According to the so-called hygiene hypothesis, allergic reactions arise from lack of stress on the immune system in childhood, which develop as a result of excessive hygiene behavior. The sterile environment in which children grow up today makes the body produce inadequate immune protection. Another widespread hypothesis is that allergic reactions have emerged as a defense mechanism against parasites.
Researchers led by Philipp Starkl of Stanford University, come in a German-American mouse study to the conclusion that allergic reactions may have originated as protection against poisons. Already in 1991, the evolutionary biologist Margie Profet had set up this theory, which continues to provide discussion amongst medical professionals today.

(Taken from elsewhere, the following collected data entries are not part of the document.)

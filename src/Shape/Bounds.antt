-- ===== src/Shape/Bounds.antt =====
-- scripts/source_lock.py: `_validate_json_shape` against the recursive measures of a value.
mod Extend
use yocto_qemu_edu_lab.Common.{
  ℕ, zero, suc, ◌+◌, ◌≤◌, ◌<◌, ◌≡◌, refl, ◌≢◌, ◌↔◌, String, Bool, true, false, ◌&&◌, not, List, [],
  ◌∷◌, leb, leb→le, le→leb, length, any, codes, arith, ok, err, >>=-eq-ok, and-true, Bool-cases,
}
use yocto_qemu_edu_lab.Json.{Json, null, bool, int, float, str, arr, obj}
use yocto_qemu_edu_lab.Shape.Walk.{
  Shaped, no_fuel, Pending, max_json_items, max_json_depth, check_string, check_value, visit,
  extend, walk, validate_json_shape,
}
use yocto_qemu_edu_lab.Shape.Weight.{weight, fits, total, all_fit, is_text}
use yocto_qemu_edu_lab.Shape.Bounds.Extend.{own, total-extend, all_fit-extend}

-- The test of a string is the predicate.
check_string-is_text : (text : String) → (check_string text ≡ ok tt) ↔ (is_text text ≡ true)
check_string-is_text text = ground arith

check_value-own : (v : Json) → (check_value v ≡ ok tt) ↔ (own v ≡ true)
check_value-own (str s) = check_string-is_text s
check_value-own null = ground arith
check_value-own (bool b) = ground arith
check_value-own (int n) = ground arith
check_value-own (float s) = ground arith
check_value-own (arr vs) = ground arith
check_value-own (obj fs) = ground arith

check_value-ne : (v : Json) → check_value v ≢ err no_fuel
check_value-ne (str s) h = ground arith
check_value-ne null h = cc
check_value-ne (bool b) h = cc
check_value-ne (int n) h = cc
check_value-ne (float s) h = cc
check_value-ne (arr vs) h = cc
check_value-ne (obj fs) h = cc

visit-ok :
    (n : ℕ) (v : Json) (d : ℕ)
    → visit n v d ≡ ok tt
    → (n ≤ max_json_items) × ((leb d max_json_depth && own v) ≡ true)
visit-ok n v d h = ground (arith, check_value-own v)

visit_complete :
    (n : ℕ) (v : Json) (d : ℕ)
    → n ≤ max_json_items
    → (leb d max_json_depth && own v) ≡ true
    → visit n v d ≡ ok tt
visit_complete n v d h k = ground (arith, check_value-own v)

visit-ne : (n : ℕ) (v : Json) (d : ℕ) → visit n v d ≢ err no_fuel
visit-ne n v d h = ground (arith, check_value-ne v)

walk-fits :
    (fuel n : ℕ) (pending : Pending)
    → n ≤ max_json_items
    → walk fuel n pending ≡ ok tt
    → (n + total pending ≤ max_json_items) × (all_fit pending ≡ true)
unfolding walk total all_fit
walk-fits fuel n [] small h = (omega arith, refl)
walk-fits zero n (p ∷ pending) small h = cc
walk-fits (suc fuel) n ((v, d) ∷ pending) small h =
    let (_, seen, rest) = >>=-eq-ok (visit (n + 1) v d) _ h in
    let (few, mine) = visit-ok (n + 1) v d seen in
    let (light, others) = walk-fits fuel (n + 1) (extend v (d + 1) pending) few rest in
    (omega (arith, total-extend v (d + 1) pending), ground (arith, all_fit-extend v d pending))

walk_complete :
    (fuel n : ℕ) (pending : Pending)
    → n + total pending ≤ max_json_items
    → total pending ≤ fuel
    → all_fit pending ≡ true
    → walk fuel n pending ≡ ok tt
unfolding walk total all_fit
walk_complete fuel n [] light enough h = refl
walk_complete zero n ((v, d) ∷ pending) light enough h =
    absurd (omega (arith, total-extend v d pending))
walk_complete (suc fuel) n ((v, d) ∷ pending) light enough h =
    let (mine, others) =
      and-true (leb d max_json_depth && own v) (all_fit (extend v (d + 1) pending))
        (rw (all_fit-extend v d pending) h) in
    let more = total-extend v (d + 1) pending in
    rw (visit_complete (n + 1) v d (omega arith) mine)
      (walk_complete fuel (n + 1) (extend v (d + 1) pending) (omega arith) (omega arith) others)

walk-ne :
    (fuel n : ℕ) (pending : Pending)
    → n ≤ max_json_items
    → max_json_items < n + fuel
    → walk fuel n pending ≢ err no_fuel
unfolding walk
walk-ne fuel n [] small enough h = cc
walk-ne zero n (p ∷ pending) small enough h = absurd (omega arith)
walk-ne (suc fuel) n ((v, d) ∷ pending) small enough h =
    let rest = walk-ne fuel (n + 1) (extend v (d + 1) pending) in
    ground (arith, visit-ne (n + 1) v d, visit-ok (n + 1) v d, rest)

walk-start :
    (fuel : ℕ) (v : Json)
    → max_json_items ≤ fuel
    → (walk fuel 0 ((v, 1) ∷ []) ≡ ok tt) ↔ ((weight v ≤ max_json_items) × (fits 1 v ≡ true))
unfolding total all_fit
walk-start fuel v enough = (
  λ h.
      let (light, good) = walk-fits fuel 0 ((v, 1) ∷ []) (omega arith) h in
      (omega arith, (and-true (fits 1 v) true good).0),
  λ (light, good). walk_complete fuel 0 ((v, 1) ∷ []) (omega arith) (omega arith) (rw good refl),
)

-- `_validate_json_shape` returns for a value exactly when the value and all its members and keys
-- are at most 100,000, none of them lies deeper than 64, and no text or key among them is longer
-- than 4096 characters or holds a surrogate.
pub validate_json_shape-fits :
    (value : Json)
    → (validate_json_shape value ≡ ok tt)
      ↔ ((weight value ≤ max_json_items) × (fits 1 value ≡ true))
unfolding validate_json_shape
validate_json_shape-fits value = walk-start (suc max_json_items) value (omega arith)

-- The walk over a value ends for every value: the rounds that the model allows are enough.
pub validate_json_shape-ne : (value : Json) → validate_json_shape value ≢ err no_fuel
unfolding validate_json_shape
validate_json_shape-ne value =
    walk-ne (suc max_json_items) 0 ((value, 1) ∷ []) (omega arith) (omega arith)
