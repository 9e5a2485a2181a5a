-- ===== src/Shape/Unique.antt =====
-- scripts/lab_config.py: the trees that `duplicate_guard` lets pass.
use yocto_qemu_edu_lab.Common.{
  String, member, ◌≡◌, refl, Bool, true, false, ◌&&◌, not, List, [], ◌∷◌, ok, >>=-eq-ok, and-true,
}
use yocto_qemu_edu_lab.Json.{
  Json, null, bool, int, float, str, arr, obj, Items, nil, cons, Fields, end, field,
}
use yocto_qemu_edu_lab.Shape.Parse.{
  ParseError, duplicate_key, permit, duplicate_guard, guarded, guarded_items, guarded_fields,
}

-- none of these keys is among the names, and none is there twice
abbrev pub fresh : List String → Fields → Bool
fresh taken end = true
fresh taken (field k v fs) = not (member k taken) && fresh (k ∷ taken) fs

-- No object of a value has a key twice.
unfoldable mutual
  pub unique : Json → Bool
  unique (arr vs) = unique_items vs
  unique (obj fs) = unique_fields fs && fresh [] fs
  unique _ = true

  pub unique_items : Items → Bool
  unique_items nil = true
  unique_items (cons v vs) = unique v && unique_items vs

  pub unique_fields : Fields → Bool
  unique_fields end = true
  unique_fields (field k v fs) = unique v && unique_fields fs

pub permit-true : (b : Bool) (e : ParseError) {done : Unit {0}} → permit b e ≡ ok done → b ≡ true
permit-true true e h = refl
permit-true false e h = cc

duplicate_guard-fresh :
    (taken : List String) (fs : Fields) {kept : Fields}
    → duplicate_guard taken fs ≡ ok kept
    → (fresh taken fs ≡ true) × (kept ≡ fs)
duplicate_guard-fresh taken end h = (refl, cc)
duplicate_guard-fresh taken (field k v fs) h =
    let (_, new, h1) = >>=-eq-ok (permit (not (member k taken)) duplicate_key) _ h in
    let (rest, later, h2) = >>=-eq-ok (duplicate_guard (k ∷ taken) fs) _ h1 in
    let (free, same) = duplicate_guard-fresh (k ∷ taken) fs later in
    (rw (permit-true _ _ new, free) refl, cc)

duplicate_guard_complete :
    (taken : List String) (fs : Fields) → fresh taken fs ≡ true → duplicate_guard taken fs ≡ ok fs
duplicate_guard_complete taken end h = refl
duplicate_guard_complete taken (field k v fs) h =
    let (new, later) = and-true (not (member k taken)) (fresh (k ∷ taken) fs) h in
    rw (new, duplicate_guard_complete (k ∷ taken) fs later) refl

mutual
  unfolding guarded unique

  pub guarded-unique : (v : Json) {w : Json} → guarded v ≡ ok w → (unique v ≡ true) × (w ≡ v)
  guarded-unique (arr vs) h =
      let (made, inner, h1) = >>=-eq-ok (guarded_items vs) _ h in
      let (one, same) = guarded_items_unique vs inner in (one, cc)
  guarded-unique (obj fs) h =
      let (made, inner, h1) = >>=-eq-ok (guarded_fields fs) _ h in
      let (kept, own, h2) = >>=-eq-ok (duplicate_guard [] made) _ h1 in
      let (one, same) = guarded_fields_unique fs inner in
      let (free, also) = duplicate_guard-fresh [] made own in (rw (one, ← same) free, cc)
  guarded-unique (str s) h = (refl, cc)
  guarded-unique null h = (refl, cc)
  guarded-unique (bool b) h = (refl, cc)
  guarded-unique (int n) h = (refl, cc)
  guarded-unique (float s) h = (refl, cc)

  guarded_items_unique :
      (vs : Items) {ws : Items} → guarded_items vs ≡ ok ws → (unique_items vs ≡ true) × (ws ≡ vs)
  guarded_items_unique nil h = (refl, cc)
  guarded_items_unique (cons v vs) h =
      let (made, inner, h1) = >>=-eq-ok (guarded v) _ h in
      let (rest, later, h2) = >>=-eq-ok (guarded_items vs) _ h1 in
      let (one, same) = guarded-unique v inner in
      let (all_one, all_same) = guarded_items_unique vs later in (rw (one, all_one) refl, cc)

  guarded_fields_unique :
      (fs : Fields) {gs : Fields}
      → guarded_fields fs ≡ ok gs
      → (unique_fields fs ≡ true) × (gs ≡ fs)
  guarded_fields_unique end h = (refl, cc)
  guarded_fields_unique (field k v fs) h =
      let (made, inner, h1) = >>=-eq-ok (guarded v) _ h in
      let (rest, later, h2) = >>=-eq-ok (guarded_fields fs) _ h1 in
      let (one, same) = guarded-unique v inner in
      let (all_one, all_same) = guarded_fields_unique fs later in (rw (one, all_one) refl, cc)

mutual
  unfolding guarded unique

  pub guarded_complete : (v : Json) → unique v ≡ true → guarded v ≡ ok v
  guarded_complete (arr vs) h = rw (guarded_items_complete vs h) refl
  guarded_complete (obj fs) h =
      let (inner, own) = and-true (unique_fields fs) (fresh [] fs) h in
      rw (guarded_fields_complete fs inner, duplicate_guard_complete [] fs own) refl
  guarded_complete (str s) h = refl
  guarded_complete null h = refl
  guarded_complete (bool b) h = refl
  guarded_complete (int n) h = refl
  guarded_complete (float s) h = refl

  guarded_items_complete : (vs : Items) → unique_items vs ≡ true → guarded_items vs ≡ ok vs
  guarded_items_complete nil h = refl
  guarded_items_complete (cons v vs) h =
      let (one, rest) = and-true (unique v) (unique_items vs) h in
      rw (guarded_complete v one, guarded_items_complete vs rest) refl

  guarded_fields_complete : (fs : Fields) → unique_fields fs ≡ true → guarded_fields fs ≡ ok fs
  guarded_fields_complete end h = refl
  guarded_fields_complete (field k v fs) h =
      let (one, rest) = and-true (unique v) (unique_fields fs) h in
      rw (guarded_complete v one, guarded_fields_complete fs rest) refl
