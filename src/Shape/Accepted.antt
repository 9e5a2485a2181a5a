-- ===== src/Shape/Accepted.antt =====
-- scripts/lab_config.py: the inputs that `parse_json_bytes` accepts.
use yocto_qemu_edu_lab.Common.{
  inl, inr, ℕ, ◌≤◌, String, ◌≡◌, refl, sym, ap, ◌∙◌, ◌↔◌, true, Option, some, List, length, leb,
  leb→le, arith, ok, err, >>=-eq-ok, Option-cases,
}
use yocto_qemu_edu_lab.Json.{Json, null, bool, int, float, str, arr, obj, Fields}
use yocto_qemu_edu_lab.Shape.Walk.{max_json_items, validate_json_shape, Shaped}
use yocto_qemu_edu_lab.Shape.Weight.{weight, fits}
use yocto_qemu_edu_lab.Shape.Bounds.{validate_json_shape-fits}
use yocto_qemu_edu_lab.Shape.Parse.{
  too_long, permit, built, shaped, root_object, decoded, Loaded, invalid, constant, tree,
  max_json_bytes, parse_json_bytes, Parsed,
}
use yocto_qemu_edu_lab.Shape.Unique.{unique, guarded-unique, guarded_complete, permit-true}

root_object-ok : (v : Json) {fields : Fields} → root_object v ≡ ok fields → v ≡ obj fields
root_object-ok (obj fs) h = cc
root_object-ok null h = cc
root_object-ok (bool b) h = cc
root_object-ok (int n) h = cc
root_object-ok (float s) h = cc
root_object-ok (arr vs) h = cc
root_object-ok (str s) h = cc

built-unique :
    (found : Loaded) {v : Json} → built found ≡ ok v → (found ≡ tree v) × (unique v ≡ true)
built-unique invalid h = absurd cc
built-unique constant h = absurd cc
built-unique (tree u) h = let (one, same) = guarded-unique u h in (ap tree (sym same), rw same one)

shaped-ok : (m : Shaped) {done : Unit {0}} → shaped m ≡ ok done → m ≡ ok tt
shaped-ok (ok tt) h = refl
shaped-ok (err e) h = cc

-- What an input must be to be accepted.
pub record IsBounded (found : Loaded) (raw : List ℕ) (fields : Fields) : Type 0 where
  pub short : length raw ≤ max_json_bytes
  pub read : found ≡ tree (obj fields)
  pub no_duplicate : unique (obj fields) ≡ true
  pub light : weight (obj fields) ≤ max_json_items
  pub shallow : fits 1 (obj fields) ≡ true

module _ (decode : List ℕ → Option String) (loads : String → Loaded)
    (sha256 : List ℕ → String) where
  abbrev decoding : List ℕ → Parsed String
  decoding = decoded decode loads sha256

  decoded-some : (raw : List ℕ) {text : String} → decoding raw ≡ ok text → decode raw ≡ some text
  decoded-some raw h = elim (Option-cases (decode raw)) [ inl absent ↦ cc | inr (t, found) ↦ cc ]

  pub parse_json_bytes_sound :
      (raw : List ℕ) {fields : Fields} {digest : String}
      → parse_json_bytes decode loads sha256 raw ≡ ok (fields, digest)
      → (text : String) × (decode raw ≡ some text)
        × (IsBounded (loads text) raw fields)
        × (digest ≡ sha256 raw)
  unfolding parse_json_bytes
  parse_json_bytes_sound raw {fields} {digest} h =
      let (_, short, h1) = >>=-eq-ok (permit (leb (length raw) max_json_bytes) too_long) _ h in
      let (text, read, h2) = >>=-eq-ok (decoding raw) _ h1 in
      let (value, made, h3) = >>=-eq-ok (built (loads text)) _ h2 in
      let (_, fine, h4) = >>=-eq-ok (shaped (validate_json_shape value)) _ h3 in
      let (found, root, h5) = >>=-eq-ok (root_object value) _ h4 in
      let (tree_of, one) = built-unique (loads text) made in
      let whole = root_object-ok value root in
      let (light, flat) = (validate_json_shape-fits value).0 (shaped-ok _ fine) in
      let same : found ≡ fields = cc in
      let is_obj : value ≡ obj fields = whole ∙ ap obj same in
      (
        text,
        decoded-some raw read,
        record {
          short = leb→le _ _ (permit-true _ _ short);
          read = tree_of ∙ ap tree is_obj;
          no_duplicate = rw is_obj at one;
          light = rw is_obj at light;
          shallow = rw is_obj at flat;
        },
        cc,
      )

  pub parse_json_bytes_complete :
      (raw : List ℕ) (text : String) (fields : Fields)
      → decode raw ≡ some text
      → IsBounded (loads text) raw fields
      → parse_json_bytes decode loads sha256 raw ≡ ok (fields, sha256 raw)
  unfolding parse_json_bytes
  parse_json_bytes_complete raw text fields read b =
      let short : permit (leb (length raw) max_json_bytes) too_long ≡ ok tt =
        ground (arith, b.short) in
      let fine = (validate_json_shape-fits (obj fields)).1 (b.light, b.shallow) in
      let found : decoding raw ≡ ok text = rw (read, decoded) refl in
      rw (short, found, b.read, guarded_complete (obj fields) b.no_duplicate, fine) refl

  -- `parse_json_bytes` returns an object and a digest for an input that decodes exactly when the
  -- input is no longer than 65,536 bytes, reads as that object with no key twice in any object
  -- of it and within the bounds of `_validate_json_shape`, and the digest is that of the input.
  pub parse_json_bytes-IsBounded :
      (raw : List ℕ) (text : String) (fields : Fields) (digest : String)
      → decode raw ≡ some text
      → (parse_json_bytes decode loads sha256 raw ≡ ok (fields, digest))
        ↔ (IsBounded (loads text) raw fields × (digest ≡ sha256 raw))
  parse_json_bytes-IsBounded raw text fields digest read = (
    λ h.
        let (t, decoded_to, b, d) = parse_json_bytes_sound raw h in
        let same : t ≡ text = cc in (rw same at b, d),
    λ (b, d). rw d (parse_json_bytes_complete raw text fields read b),
  )
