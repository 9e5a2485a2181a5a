-- ===== src/LabConfig/Index.antt =====
-- scripts/lab_config.py: `validate_index`. A set is the list of its members, the newest first.
use yocto_qemu_edu_lab.Common.{
  String, member, not, List, [], ◌∷◌, codes, ok, err, ◌>>=◌, ensure, in_turn,
}
use yocto_qemu_edu_lab.Json.{Json, arr, Fields, Items, items}
use yocto_qemu_edu_lab.Regex.{fullmatch}
use yocto_qemu_edu_lab.SourceLock.Paths.{starts_with}
use yocto_qemu_edu_lab.LabConfig.Values.{
  Checked, bad_version, bad_id, not_labs, duplicate_id, not_under, duplicate_path, bad_digest,
  no_default, item_at, exact_keys, object_value, path_under,
}
use yocto_qemu_edu_lab.LabConfig.Profiles.{
  index_keys, index_entry_keys, lab_id_pattern, sha256_pattern,
}
use yocto_qemu_edu_lab.LabConfig.Fields.{is_version, text_at}

pub record Seen : Type 0 where
  pub ids : List String
  pub paths : List String

abbrev pub entry_values : Json → Checked (List Json)
entry_values (arr (Items.cons v vs)) = ok (v ∷ items vs)
entry_values _ = err not_labs

abbrev pub id_checks : Seen → String → List (Checked Unit)
id_checks seen i =
    ensure (fullmatch lab_id_pattern i) bad_id ∷ ensure (not (member i seen.ids)) duplicate_id ∷ []

abbrev pub path_checks : Seen → String → List (Checked Unit)
path_checks seen path =
    ensure (starts_with (codes "config/labs/") (codes path)) not_under
    ∷ ensure (not (member path seen.paths)) duplicate_path
    ∷ []

abbrev pub digest_check : Fields → Checked Unit
digest_check entry =
    text_at "sha256" entry >>= λ digest. ensure (fullmatch sha256_pattern digest) bad_digest

unfoldable pub validate_entry : Seen → Fields → Checked Seen
validate_entry seen entry = exact_keys entry index_entry_keys >>= λ exact.
    text_at "id" entry >>= λ i. in_turn (id_checks seen i) >>= λ new.
    item_at "manifest" entry >>= path_under "config" >>= λ path.
    in_turn (path_checks seen path) >>= λ apart.
    digest_check entry >>= λ hashed. ok (record { ids = i ∷ seen.ids; paths = path ∷ seen.paths })

unfoldable pub validate_entries : List Json → Seen → Checked Seen
unfolding validate_entry
validate_entries [] seen = ok seen
validate_entries (value ∷ values) seen = object_value value >>= λ entry.
    validate_entry seen entry >>= λ next. validate_entries values next

abbrev pub version_check : Fields → Checked Unit
version_check index =
    item_at "schema_version" index >>= λ version. ensure (is_version 1 version) bad_version

unfoldable pub validate_index : Fields → Checked Unit
unfolding validate_entries
validate_index index = exact_keys index index_keys >>= λ exact. version_check index >>= λ known.
    text_at "default_lab" index >>= λ default_lab.
    ensure (fullmatch lab_id_pattern default_lab) bad_id >>= λ named.
    item_at "labs" index >>= entry_values >>= λ values.
    validate_entries values (record { ids = []; paths = [] }) >>= λ seen.
    ensure (member default_lab seen.ids) no_default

The mice were initially injected with small amounts of bee venom. The dose was increased later in the study. The researchers were able to observe how resistance developed. "Like a vaccine, the body seemed to be building some kind of immune protection against bee venom," Starkl said. During the investigations it could be seen that the so-called immunoglobulin (IgE) plays a decisive role in the defense reaction of the body. The colloquially known as antibodies proteins are formed in response to certain substances from the body. For example, after a bee sting, the body produces large quantities of these antibodies. As a result of histamine release inflammatory reactions on the skin are recognizable, which can degenerate in severe cases in anaphylactic shock.
To find out whether IgE antibodies or another form of the immunoglobulin are responsible for the protective reaction, the researchers have in another experiment in mice inhibited the formation of IgE. It turned out that these mice had no protection against bee venom. Consequently, IgE antibodies must be responsible for immune protection, the researchers concluded.
"The assumption that the function of IgE antibodies is limited to the triggering of allergic reactions has, in our view, always been too short," said Thomas Marichal, co-author of the study published in the journal "Immunity". "Otherwise, IgE antibodies would have been safely eliminated in the course of evolution." This consideration also supports the poison hypothesis established by Margie Profet in the early 1990s.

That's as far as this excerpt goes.